◆ Problem to work on: You are to retype exactly the line with "status = uncertain;" and every line after it in the entries below.

++++ Record extracts ++++

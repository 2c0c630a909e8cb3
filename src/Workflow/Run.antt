-- ===== src/Workflow/Run.antt =====
-- src-tauri/src/repositories/workflow_repository.rs: the statements on `workflow_runs`, each on the row
-- of the run that it names (`WHERE id=?`, a primary key). Times are in milliseconds.
pub mod Moves
use qingzhou_ssh.Prelude.{
  ℕ, ◌-◌, String, Bool, true, false, not, ◌&&◌, ◌||◌, Option, none, some, List, [], ◌∷◌, leb,
  if◌then◌else◌,
}
use qingzhou_ssh.Prelude.Text.{codes, is_blank}
use qingzhou_ssh.Prelude.Result.{Result, ok, err}
use qingzhou_ssh.Error.{AppResult, validation}
use qingzhou_ssh.Transfer.Table.Endings.{cut_message}
use qingzhou_ssh.Workflow.Status.{
  WorkflowRunStatus, queued, running, paused, succeeded, cancelled, uncertain, rolled_back,
  rollback_failed,
}
use Prim.Native.String.{◌++◌}

pub record NewWorkflowRun : Type 0 where
  pub workflow_id : ℕ
  -- A negative version is kept as 0.
  pub workflow_version : ℕ
  pub server_id : String

pub record WorkflowRunRecord : Type 0 where
  pub id : ℕ
  pub workflow_id : ℕ
  pub workflow_version : ℕ
  pub server_id : String
  pub status : WorkflowRunStatus
  pub current_node_id : Option ℕ
  pub created_at : ℕ
  pub started_at : Option ℕ
  pub finished_at : Option ℕ
  pub duration_ms : Option ℕ
  pub error_category : Option String
  pub error_message : Option (List ℕ)
  pub retryable : Bool

pub record FinishWorkflowRun : Type 0 where
  pub status : WorkflowRunStatus
  pub finished_at : ℕ
  pub error_category : Option String
  pub error_message : Option (List ℕ)
  pub retryable : Bool

-- `CASE WHEN started_at IS NULL THEN 0 ELSE MAX(0,?-started_at) END`.
unfoldable pub duration : Option ℕ → ℕ → ℕ
duration none now = 0
duration (some started_at) now = now - started_at

abbrev pub is_queued : WorkflowRunStatus → Bool
is_queued queued = true
is_queued _ = false

abbrev pub is_running : WorkflowRunStatus → Bool
is_running running = true
is_running _ = false

abbrev pub is_paused : WorkflowRunStatus → Bool
is_paused paused = true
is_paused _ = false

-- The `matches!` of `finish_run`.
abbrev pub is_outcome : WorkflowRunStatus → Bool
is_outcome paused = true
is_outcome succeeded = true
is_outcome cancelled = true
is_outcome uncertain = true
is_outcome _ = false

-- `status IN (...)` of `finish_rollback_run`.
abbrev pub may_roll_back : WorkflowRunStatus → Bool
may_roll_back paused = true
may_roll_back succeeded = true
may_roll_back cancelled = true
may_roll_back uncertain = true
may_roll_back rollback_failed = true
may_roll_back _ = false

-- `ensure_one`: an update of one row that its test refuses affects none.
unfoldable pub update_one : Bool → WorkflowRunRecord → String → AppResult WorkflowRunRecord
update_one test row message = if test then ok row else err (validation message)

unfoldable pub create_run : ℕ → ℕ → NewWorkflowRun → AppResult WorkflowRunRecord
create_run id now draft =
    if is_blank (codes draft.server_id) || leb draft.workflow_version 0
    then err (validation "工作流运行参数不完整")
    else ok (record {
      id = id;
      workflow_id = draft.workflow_id;
      workflow_version = draft.workflow_version;
      server_id = draft.server_id;
      status = queued;
      current_node_id = none;
      created_at = now;
      started_at = none;
      finished_at = none;
      duration_ms = none;
      error_category = none;
      error_message = none;
      retryable = false;
    })

unfoldable pub mark_run_running : ℕ → ℕ → WorkflowRunRecord → AppResult WorkflowRunRecord
unfolding update_one
mark_run_running node_id now run =
    update_one (is_queued run.status)
      (record run { status = running; current_node_id = some node_id; started_at = some now })
      "工作流无法进入运行状态"

unfoldable pub set_current_node : ℕ → WorkflowRunRecord → AppResult WorkflowRunRecord
unfolding update_one
set_current_node node_id run =
    update_one (is_running run.status) (record run { current_node_id = some node_id }) "工作流不处于可推进状态"

unfoldable pub finish_run : FinishWorkflowRun → WorkflowRunRecord → AppResult WorkflowRunRecord
unfolding update_one duration
finish_run finish run =
    if not (is_outcome finish.status)
    then err (validation "工作流运行结果状态无效")
    else update_one (is_running run.status)
        (record run {
          status = finish.status;
          finished_at = some finish.finished_at;
          duration_ms = some (duration run.started_at finish.finished_at);
          error_category = finish.error_category;
          error_message = cut_message finish.error_message;
          retryable = finish.retryable;
        })
        "工作流不处于可结束状态"

unfoldable pub resume_paused_run : ℕ → WorkflowRunRecord → AppResult WorkflowRunRecord
unfolding update_one
resume_paused_run now run =
    update_one (is_paused run.status && run.retryable)
      (record run {
        status = running;
        started_at = some now;
        finished_at = none;
        duration_ms = none;
        error_category = none;
        error_message = none;
        retryable = false;
      })
      "只有可重试的暂停工作流才能恢复"

unfoldable pub finish_rollback_run :
    Bool → ℕ → Option (List ℕ) → WorkflowRunRecord → AppResult WorkflowRunRecord
unfolding update_one
finish_rollback_run done now message run =
    update_one (may_roll_back run.status)
      (record run {
        status = if done then rolled_back else rollback_failed;
        finished_at = some now;
        error_category = if done then none else some "rollback";
        error_message = cut_message message;
        retryable = not done;
      })
      "工作流当前状态不允许回滚"

-- `recover_interrupted`, on this row; it affects as many rows as it finds.
unfoldable pub recover_run : ℕ → WorkflowRunRecord → WorkflowRunRecord
unfolding duration
recover_run now run =
    if is_running run.status
    then record run {
      status = uncertain;
      finished_at = some now;
      duration_ms = some (duration run.started_at now);
      error_category = some "interrupted";
      error_message = some (codes "应用退出时远程工作流状态未确认");
      retryable = true;
    }
    else run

++++

◆ Output of the task:
      status = uncertain;
      finished_at = some now;
      duration_ms = some (duration run.started_at now);
      error_category = some "interrupted";
      error_message = some (codes "应用退出时远程工作流状态未确认");
      retryable = true;
    }
    else run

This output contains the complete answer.